Tokio: 43-jähriger Antiquare wegen Kinderpornographie festgenommen

TOKIO (DJZ) – Die Tokyo Metropolitan Polizei hat  einen Antiquare im Bezirk Chiyoda verhaftet. Ihm wird vorgeworfen Kinderpornografie zu  besitzen, laut TV Asahi vom 20. Februar 2018.

Die Polizei beschuldigt den 43-jährigen Takeo Y. (voller Name wird in den japanischen Medien genannt) und zwei weitere Mitarbeiter der Shonando-Buchhandlung im Bezirk Kanda-Jimbocho, eine Fotokollektion mit Kinderpornografie zu verkaufen. Die Beamten beschlagnahmten auch etwa 220 Bücher mit explizitem Material, einschließlich nackter Mädchen im Alter von vier und fünf Jahren.

Nach Angaben der Polizei verkauften Kunden Fotosammlungen an den Laden, der sie für Preise ab 7.000 Yen weiterverkaufte. Eines der Bücher wurde mit 290.000 Yen bewertet.
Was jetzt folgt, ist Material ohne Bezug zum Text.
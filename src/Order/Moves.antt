-- ===== src/Order/Moves.antt =====
-- The states of an order of exampleapp/ddd/order/domain/model.go.
use ddd_qce.Common.{Bool, true, false, is_some, map, append-nil, append_assoc}
use ddd_qce.Common.{
  ℕ, ◌≡◌, refl, ap, sym, ◌∙◌, subst, ◌⊎◌, inl, inr, ◌≢◌, ◌++◌, String, Option, none, some, List, [],
  ◌∷◌, arith,
}
use ddd_qce.Errors.{Err}
use ddd_qce.Aggregate.{Aggregate, apply_change}
use ddd_qce.Order.{
  OrderEvent, OrderState, payment_confirmed, order_shipped, order_cancelled, when, apply,
  confirm_payment, ship, cancel, status_pending, status_paid, status_shipped, status_cancelled,
}

-- The abstract view: four states, and which call leads from where to where.
pub data Status : Type 0 where
  pending : Status
  paid : Status
  shipped : Status
  cancelled : Status

abbrev pub status_of : Status → String
status_of pending = status_pending
status_of paid = status_paid
status_of shipped = status_shipped
status_of cancelled = status_cancelled

pub data OrderCall : Type 0 where
  confirm_payment_call : ℕ → OrderCall
  ship_call : ℕ → OrderCall
  cancel_call : String → ℕ → OrderCall

-- One step of the abstract order; none is a refusal.
pub data Moves : Status → OrderCall → Option Status → Type 0 where
  pays : {now : ℕ} → Moves pending (confirm_payment_call now) (some paid)
  no_payment : {s : Status} {now : ℕ} → s ≢ pending → Moves s (confirm_payment_call now) none
  ships : {now : ℕ} → Moves paid (ship_call now) (some shipped)
  no_shipping : {s : Status} {now : ℕ} → s ≢ paid → Moves s (ship_call now) none
  cancels_pending : {r : String} {now : ℕ} → Moves pending (cancel_call r now) (some cancelled)
  cancels_paid : {r : String} {now : ℕ} → Moves paid (cancel_call r now) (some cancelled)
  too_late : {r : String} {now : ℕ} → Moves shipped (cancel_call r now) none
  cancelled_before : {r : String} {now : ℕ} → Moves cancelled (cancel_call r now) none

-- The steps of a sequence of calls, with the calls that are accepted, in order, and for each call
-- whether it is refused.
pub data Reaches : Status → List OrderCall → Status → List OrderCall → List Bool → Type 0 where
  stays : {s : Status} → Reaches s [] s [] []
  moves :
      {s t u : Status} {c : OrderCall} {cs taken : List OrderCall} {rs : List Bool}
      → Moves s c (some t)
      → Reaches t cs u taken rs
      → Reaches s (c ∷ cs) u (c ∷ taken) (false ∷ rs)
  refuses :
      {s u : Status} {c : OrderCall} {cs taken : List OrderCall} {rs : List Bool}
      → Moves s c none
      → Reaches s cs u taken rs
      → Reaches s (c ∷ cs) u taken (true ∷ rs)

module _ {F : Type 0} where
  unfoldable pub order_call :
      Aggregate (OrderEvent F) (OrderState F)
      → OrderCall
      → Aggregate (OrderEvent F) (OrderState F) × Option Err
  unfolding confirm_payment ship cancel
  order_call o (confirm_payment_call now) = confirm_payment o now
  order_call o (ship_call now) = ship o now
  order_call o (cancel_call reason now) = cancel o reason now

  -- A client that goes on after an error.
  unfoldable pub order_calls :
      Aggregate (OrderEvent F) (OrderState F)
      → List OrderCall
      → Aggregate (OrderEvent F) (OrderState F)
  unfolding order_call
  order_calls o [] = o
  order_calls o (c ∷ cs) = order_calls (order_call o c).0 cs

  -- What each call returns to that client.
  unfoldable pub order_replies :
      Aggregate (OrderEvent F) (OrderState F) → List OrderCall → List (Option Err)
  unfolding order_call
  order_replies o [] = []
  order_replies o (c ∷ cs) = (order_call o c).1 ∷ order_replies (order_call o c).0 cs

  -- The event of a call that is accepted.
  abbrev pub event_of : OrderCall → OrderEvent F
  event_of (confirm_payment_call now) = payment_confirmed now
  event_of (ship_call now) = order_shipped now
  event_of (cancel_call reason now) = order_cancelled reason now

  -- The order after events and nothing else.
  unfoldable pub after_events :
      Aggregate (OrderEvent F) (OrderState F)
      → List (OrderEvent F)
      → Aggregate (OrderEvent F) (OrderState F)
  unfolding apply
  after_events o [] = o
  after_events o (e ∷ es) = after_events (apply o e).0 es

  -- An accepted call does nothing but apply its one event.
  Accepted :
      Aggregate (OrderEvent F) (OrderState F)
      → OrderCall
      → Status
      → Aggregate (OrderEvent F) (OrderState F) × Option Err
      → Type 0
  Accepted o c t r =
      (r.1 ≡ none)
      × (r.0 ≡ (apply o (event_of c)).0)
      × (r.0.state.status ≡ status_of t)
      × (r.0.root.uncommitted_events ≡ o.root.uncommitted_events ++ event_of c ∷ [])

  -- What a call does at a status: an accepted step, or an error and no change.
  Outcome : OrderCall → Status → Aggregate (OrderEvent F) (OrderState F) → Type 0
  Outcome c s o =
      ((t : Status) × Moves s c (some t) × Accepted o c t (order_call o c))
      ⊎ (Moves s c none × ((e : Err) × (order_call o c ≡ (o, some e))))

  abbrev at_status :
      Aggregate (OrderEvent F) (OrderState F) → String → Aggregate (OrderEvent F) (OrderState F)
  at_status o s = record o { state = record o.state { status = s } }

  at_status-Outcome :
      (o : Aggregate (OrderEvent F) (OrderState F)) (c : OrderCall) (s : Status)
      → Outcome c s (at_status o (status_of s))
  unfolding Outcome order_call Accepted confirm_payment ship cancel apply apply_change when
  at_status-Outcome o (confirm_payment_call now) pending =
      inl (paid, pays, (refl, refl, refl, refl))
  at_status-Outcome o (confirm_payment_call now) paid =
      inr (no_payment (λ p. absurd (ground arith)), (_, refl))
  at_status-Outcome o (confirm_payment_call now) shipped =
      inr (no_payment (λ p. absurd (ground arith)), (_, refl))
  at_status-Outcome o (confirm_payment_call now) cancelled =
      inr (no_payment (λ p. absurd (ground arith)), (_, refl))
  at_status-Outcome o (ship_call now) pending =
      inr (no_shipping (λ p. absurd (ground arith)), (_, refl))
  at_status-Outcome o (ship_call now) paid = inl (shipped, ships, (refl, refl, refl, refl))
  at_status-Outcome o (ship_call now) shipped =
      inr (no_shipping (λ p. absurd (ground arith)), (_, refl))
  at_status-Outcome o (ship_call now) cancelled =
      inr (no_shipping (λ p. absurd (ground arith)), (_, refl))
  at_status-Outcome o (cancel_call r now) pending =
      inl (cancelled, cancels_pending, (refl, refl, refl, refl))
  at_status-Outcome o (cancel_call r now) paid =
      inl (cancelled, cancels_paid, (refl, refl, refl, refl))
  at_status-Outcome o (cancel_call r now) shipped = inr (too_late, (_, refl))
  at_status-Outcome o (cancel_call r now) cancelled = inr (cancelled_before, (_, refl))

  order_call-Outcome :
      (o : Aggregate (OrderEvent F) (OrderState F)) (c : OrderCall) (s : Status)
      → o.state.status ≡ status_of s
      → Outcome c s o
  order_call-Outcome o c s h =
      subst (Outcome c s) (sym (ap (at_status o) h)) (at_status-Outcome o c s)

  -- Any sequence of ConfirmPayment, Ship and Cancel on an order in one of the four states does
  -- what the steps do: pending to paid to shipped, and pending or paid to cancelled; a call that is
  -- such a step returns no error and adds its event, and any other is refused with an error and
  -- changes nothing. So the order is the old one after the events of the accepted calls alone, in
  -- the state that the steps reach, with these events added in order to the uncommitted ones.
  pub order_calls-Reaches :
      (o : Aggregate (OrderEvent F) (OrderState F)) (cs : List OrderCall) (s : Status)
      → o.state.status ≡ status_of s
      → (t : Status) × (taken : List OrderCall) × (rs : List Bool) × Reaches s cs t taken rs
        × (map is_some (order_replies o cs) ≡ rs)
        × (order_calls o cs ≡ after_events o (map event_of taken))
        × ((order_calls o cs).state.status ≡ status_of t)
        × ((order_calls o cs).root.uncommitted_events
            ≡ o.root.uncommitted_events ++ map event_of taken)
  unfolding order_calls order_replies after_events Outcome Accepted
  order_calls-Reaches o [] s h =
      (s, [], [], stays, refl, refl, h, sym (append-nil o.root.uncommitted_events))
  order_calls-Reaches o (c ∷ cs) s h = elim (order_call-Outcome o c s h) [
    | inl (t, m, (no_error, applied, at, evs)) ↦
        let (u, taken, rs, r, replies, same, st, all) =
          order_calls-Reaches (order_call o c).0 cs t at in
        (
          u,
          c ∷ taken,
          false ∷ rs,
          moves m r,
          ap (λ x. is_some x ∷ map is_some (order_replies (order_call o c).0 cs)) no_error
              ∙ ap (◌∷◌ false) replies,
          same ∙ ap (λ x. after_events x (map event_of taken)) applied,
          st,
          all
              ∙ ap (λ x. x ++ map event_of taken) evs
              ∙ append_assoc o.root.uncommitted_events (event_of c ∷ []) (map event_of taken),
        )
    | inr (m, (e, q)) ↦
        let (u, taken, rs, r, replies, same, st, all) = order_calls-Reaches o cs s h in
        (
          u,
          taken,
          true ∷ rs,
          refuses m r,
          ap (λ p. is_some p.1 ∷ map is_some (order_replies p.0 cs)) q ∙ ap (◌∷◌ true) replies,
          ap (λ p. order_calls p.0 cs) q ∙ same,
          ap (λ p. (order_calls p.0 cs).state.status) q ∙ st,
          ap (λ p. (order_calls p.0 cs).root.uncommitted_events) q ∙ all,
        )
  ]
Herr Y. und ein anderer Verdächtiger geben die Anschuldigungen zu, während der dritte Verdächtige die Anklagepunkte bestreitet, teilte die Polizei mit. „Ich wusste nicht, dass ich es mit Büchern zu tun habe die Kinderpornografie darstellen, wurde der dritte Verdächtige zitiert, so Nippon News Network (20. Februar).

Im Jahr 2015 machte eine Überarbeitung des Gesetzes gegen Kinderpornografie den Besitz von explizitem Material mit Minderjährigen illegal. Zuvor war nur die Produktion und der Verkauf solcher Inhalte gegen das Gesetz.